A proper language comparison...
Peter Alexander
peter.alexander.au at gmail.com
Thu Jul 25 15:35:13 PDT 2013
On Thursday, 25 July 2013 at 20:28:54 UTC, bearophile wrote:
> Peter Alexander:
>
>> - What's safe and unsafe is very subjective.
>
> There are large bodies of people that count bugs in code, and
> correlate them with coding practices. They have created
> language subsets like C for automotive industry, C++ for
> aviation, code for space missions, Ada language and its
> successive refinements like Ada2012, SPARK subset of Ada. There
> are lot of people trying sideways solutions, at Microsoft
> (Spec#, Liquid typing, etc), dependent typing (ATS language),
> and so on and on, even Haskell variants. Lot of this stuff is
> not based on statistical data, but there is also some hard data
> that has shaped some of those very strict coding guidelines.

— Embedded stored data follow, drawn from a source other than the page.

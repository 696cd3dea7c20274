-- ===== src/Promotion/Issued.antt =====
-- The evidence that is signed for a simulation that passes is accepted.
use mathlib.Core.Path.{subst}
use autonomy_harbor.Base.{
  ◌≡◌, refl, sym, String, true, Option, some, List, [], ◌∷◌, arith, any, all, eq_refl, ok, upper,
  lookup,
}
use autonomy_harbor.Json.{obj, Fields, get}
use autonomy_harbor.Platform.{Platform, text_of}
use autonomy_harbor.Signer.{Signer, TrustStore, TrustedSigner, key_id, public_key_b64}
use autonomy_harbor.Envelope.{SignedEnvelope}
use autonomy_harbor.Envelope.Verify.{role_in}
use autonomy_harbor.Envelope.Verified.{
  verify_envelope_iff, sign_payload-IsVerified, payload-sign_payload,
}
use autonomy_harbor.Authorizer.{each_text, is_text_at}
use autonomy_harbor.Authorizer.Facts.{texts_of-strs}
use autonomy_harbor.Promotion.{PromotionRequest, promotion_request_digest}
use autonomy_harbor.Promotion.Simulation.{
  PrspStatus, pass, review, hold, reject, skip, status_text, parse_status, parse_overall_gate,
  PrspScenarioResult, PrspSimulationReceipt, is_active, scenario_result_dict, scenario_result_dicts,
  simulation_receipt_dict, scenario_result_from_dict, scenario_results_from, results_of, summary_of,
  simulation_receipt_from_dict,
}
use autonomy_harbor.Promotion.Evidence.{
  covers, read_receipt, prsp_promotion_evidence_payload, sign_prsp_promotion_evidence,
  evaluate_promotion,
}
use autonomy_harbor.Promotion.Eligible.{is_passed, evaluate_promotion_iff}

parse_status-status_text : (s : PrspStatus) → parse_status (status_text s) ≡ ok s
unfolding parse_status upper
parse_status-status_text pass = refl
parse_status-status_text review = refl
parse_status-status_text hold = refl
parse_status-status_text reject = refl
parse_status-status_text skip = refl

parse_overall_gate-pass : (s : PrspStatus) → s ≡ pass → parse_overall_gate (status_text s) ≡ ok s
unfolding parse_overall_gate upper
parse_overall_gate-pass pass h = refl
parse_overall_gate-pass review h = absurd (ground arith)
parse_overall_gate-pass hold h = absurd (ground arith)
parse_overall_gate-pass reject h = absurd (ground arith)
parse_overall_gate-pass skip h = absurd (ground arith)

module _ ⦃p : Platform⦄ where
  scenario_result_from_dict-scenario_result_dict :
      (r : PrspScenarioResult) → scenario_result_from_dict (obj (scenario_result_dict r)) ≡ ok r
  unfolding scenario_result_from_dict scenario_result_dict each_text text_of get
  scenario_result_from_dict-scenario_result_dict r =
      rw (texts_of-strs r.evidence_required, parse_status-status_text r.status) refl

  scenario_results_from-scenario_result_dicts :
      (rs : List PrspScenarioResult) → scenario_results_from (scenario_result_dicts rs) ≡ ok rs
  unfolding scenario_results_from
  scenario_results_from-scenario_result_dicts [] = refl
  scenario_results_from-scenario_result_dicts (r ∷ rs) =
      rw
        (
          scenario_result_from_dict-scenario_result_dict r,
          scenario_results_from-scenario_result_dicts rs,
        )
        refl

  -- The receipt of a simulation whose gate is no SKIP and whose summary holds integers is read back
  -- from its dictionary unchanged.
  pub simulation_receipt_from_dict-simulation_receipt_dict :
      (r : PrspSimulationReceipt)
      → parse_overall_gate (status_text r.overall_gate) ≡ ok r.overall_gate
      → summary_of r.summary ≡ ok r.summary
      → simulation_receipt_from_dict (obj (simulation_receipt_dict r)) ≡ ok r
  unfolding simulation_receipt_from_dict simulation_receipt_dict results_of text_of get
  simulation_receipt_from_dict-simulation_receipt_dict r declared counts =
      rw (counts, scenario_results_from-scenario_result_dicts r.results, declared) refl

  -- what the gate reads of a payload
  abbrev IsAbout : PromotionRequest → PrspSimulationReceipt → Fields → Type 0
  IsAbout request receipt d =
      (is_text_at (get "authority_effect" d) "EVIDENCE_ONLY" ≡ true)
      × (is_text_at (get "promotion_request_digest" d) (promotion_request_digest request) ≡ true)
      × (is_text_at (get "promotion_id" d) request.promotion_id ≡ true)
      × (is_text_at (get "app_id" d) request.app_id ≡ true)
      × (read_receipt d ≡ ok receipt)

  payload-IsAbout :
      (request : PromotionRequest) (receipt : PrspSimulationReceipt)
      → receipt.overall_gate ≡ pass
      → summary_of receipt.summary ≡ ok receipt.summary
      → IsAbout request receipt (prsp_promotion_evidence_payload request receipt)
  unfolding prsp_promotion_evidence_payload read_receipt get
  payload-IsAbout request receipt declared counts = (
    refl,
    eq_refl (promotion_request_digest request),
    eq_refl request.promotion_id,
    eq_refl request.app_id,
    simulation_receipt_from_dict-simulation_receipt_dict receipt
        (parse_overall_gate-pass receipt.overall_gate declared) counts,
  )

  -- The evidence that an issuer signs for a request passes at every gate that asks for a role which
  -- its store gives the issuer's key, where the simulation is of the same application, declares PASS,
  -- has a result that is not skipped, has only results that pass or are skipped, and covers the
  -- required domains, and its summary holds integers.
  pub sign_prsp_promotion_evidence-passes :
      (request : PromotionRequest) (receipt : PrspSimulationReceipt) (signer : Signer)
      (signed_at : String) (previous : Option String) (e : SignedEnvelope) (store : TrustStore)
      (trusted : TrustedSigner) (role : String)
      → sign_prsp_promotion_evidence request receipt signer signed_at previous ≡ ok e
      → lookup (key_id signer) store ≡ some trusted
      → trusted.status ≡ "ACTIVE"
      → trusted.subject ≡ signer.subject
      → trusted.public_key_b64 ≡ public_key_b64 signer
      → role_in (some role) trusted.roles ≡ true
      → receipt.app_id ≡ request.app_id
      → receipt.overall_gate ≡ pass
      → any is_active receipt.results ≡ true
      → all is_passed receipt.results ≡ true
      → all (covers receipt.results) request.required_domains ≡ true
      → summary_of receipt.summary ≡ ok receipt.summary
      → (evaluate_promotion store role request e).verdict ≡ pass
  unfolding sign_prsp_promotion_evidence
  sign_prsp_promotion_evidence-passes request receipt signer signed_at previous e store trusted role
        made known active subject key has same_app declared some_active passed covered counts =
      let d = prsp_promotion_evidence_payload request receipt in
      let same : e.payload ≡ d =
        payload-sign_payload "prsp_promotion_evidence" d signer previous signed_at e made in
      let accepted =
        sign_payload-IsVerified "prsp_promotion_evidence" d signer previous signed_at e store
          trusted (some role) made known active subject key has in
      let about =
        subst (IsAbout request receipt) (sym same)
          (payload-IsAbout request receipt declared counts) in
      (evaluate_promotion_iff store role request e).1 (
        receipt,
        record {
          verified =
              (verify_envelope_iff e store (some role) (some "prsp_promotion_evidence")).0 accepted;
          no_authority = about.0;
          digest = about.1;
          id = about.2;
          app = about.3;
          read = about.4;
          same_app = same_app;
          declared = declared;
          active = some_active;
          passed = passed;
          covered = covered;
        },
      )
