-- ===== src/Promotion/Tests.antt =====
-- A simulation of the reference appliance, and the theorems at it.
use autonomy_harbor.Base.{◌≡◌, ◌↔◌, refl, true, false, none, [], ◌∷◌, ok, any, all, is_blank, arith}
use autonomy_harbor.Json.{end}
use autonomy_harbor.Platform.Model.{model}
use autonomy_harbor.Models.{CapabilityRegistry, allow}
use autonomy_harbor.Gate.Fixtures.{registry, read_grant, write_grant, deny_grant}
use autonomy_harbor.Envelope.{SignedEnvelope, sealed_envelope}
use autonomy_harbor.Envelope.Fixtures.{signer, trusted, store, known}
use autonomy_harbor.Envelope.Verified.{sign_payload-eq-ok}
use autonomy_harbor.Promotion.{
  PromotionRequest, diff_registries, registry_digest, has_possible_authority_expansion,
}
use autonomy_harbor.Promotion.Simulation.{
  PrspScenarioResult, PrspSimulationReceipt, pass, review, skip, hold, is_active, promotion_order,
  recompute_prsp_gate, summary_of,
}
use autonomy_harbor.Promotion.Evidence.{
  prsp_promotion_evidence_payload, evaluate_promotion, sign_prsp_promotion_evidence,
}
use autonomy_harbor.Promotion.Delta.{IsContained, has_possible_authority_expansion_iff}
use autonomy_harbor.Promotion.Eligible.{
  IsPromotable, recompute_prsp_gate-strictest, evaluate_promotion_iff, at_most, attains,
}
use autonomy_harbor.Promotion.Issued.{sign_prsp_promotion_evidence-passes}

abbrev widened : CapabilityRegistry
widened = record registry {
  grants = read_grant ∷ record write_grant { effect = allow } ∷ deny_grant ∷ [];
}

abbrev request : PromotionRequest
request = record {
  promotion_id = "promotion-1";
  app_id = "personal-agent-runtime";
  baseline_registry_digest = registry_digest registry;
  proposed_registry_digest = registry_digest widened;
  capability_delta = diff_registries registry widened;
  required_domains = "failure" ∷ "security" ∷ [];
  requested_by = "human";
  target_stage = "production-candidate";
}

abbrev failure : PrspScenarioResult
failure = record {
  scenario_id = "s1";
  domain = "failure";
  status = pass;
  reason = "";
  severity = "high";
  evidence_required = [];
}

abbrev security : PrspScenarioResult
security = record failure { scenario_id = "s2"; domain = "security" }

abbrev later : PrspScenarioResult
later = record failure { scenario_id = "s3"; domain = "cost"; status = skip }

abbrev doubtful : PrspScenarioResult
doubtful = record failure { scenario_id = "s4"; status = review }

abbrev receipt : PrspSimulationReceipt
receipt = record {
  receipt_version = "1";
  run_id = "run-1";
  app_id = "personal-agent-runtime";
  overall_gate = pass;
  results = failure ∷ security ∷ later ∷ [];
  generated_at = "";
  app_stage = "unknown";
  summary = end;
}

abbrev evidence : SignedEnvelope
evidence =
    sealed_envelope "prsp_promotion_evidence" (prsp_promotion_evidence_payload request receipt)
      signer (model.isoformat 1000000) none

has_possible_authority_expansion_iff_example :
    (has_possible_authority_expansion (diff_registries registry widened) ≡ false)
    ↔ IsContained registry widened
has_possible_authority_expansion_iff_example = has_possible_authority_expansion_iff registry widened

recompute_prsp_gate-strictest_example :
    let results = failure ∷ doubtful ∷ later ∷ [] in
    let gate = recompute_prsp_gate results in
    (any is_active results ≡ false → gate ≡ hold)
    × (any is_active results ≡ true
        → (attains gate results ≡ true) × (all (at_most (promotion_order gate)) results ≡ true))
recompute_prsp_gate-strictest_example =
    recompute_prsp_gate-strictest (failure ∷ doubtful ∷ later ∷ [])

evaluate_promotion_iff_example :
    ((evaluate_promotion store "promotion_evidence_issuer" request evidence).verdict ≡ pass) ↔ (
      (r : PrspSimulationReceipt) × IsPromotable store "promotion_evidence_issuer" request evidence
        r)
evaluate_promotion_iff_example =
    evaluate_promotion_iff store "promotion_evidence_issuer" request evidence

signs :
    sign_prsp_promotion_evidence request receipt signer (model.isoformat 1000000) none ≡ ok evidence
unfolding sign_prsp_promotion_evidence is_blank
signs =
    sign_payload-eq-ok "prsp_promotion_evidence" (prsp_promotion_evidence_payload request receipt)
      signer none 1000000 refl (ground arith)

sign_prsp_promotion_evidence-passes_example :
    (evaluate_promotion store "promotion_evidence_issuer" request evidence).verdict ≡ pass
sign_prsp_promotion_evidence-passes_example =
    sign_prsp_promotion_evidence-passes request receipt signer (model.isoformat 1000000) none
      evidence store trusted "promotion_evidence_issuer" signs known refl refl refl refl refl refl
      refl refl refl (unfold summary_of in refl)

> There are several serious studies in the field of coding
> safety. Dismissing all that decades old work with a 'very
> subjective' is unjust.
Allow me to put it another way by way of analogy: health. We know
from medical studies what kinds of things are healthy, and what
things are unhealthy. However, if I were to present 10 people,
and witness their actions for a week, would anyone be able to
accurately order them on their "healthiness"? Would every medical
expert arrive at the same ordering?
Maybe subjective is the wrong word to use. Maybe what I meant was
"difficult to quantify".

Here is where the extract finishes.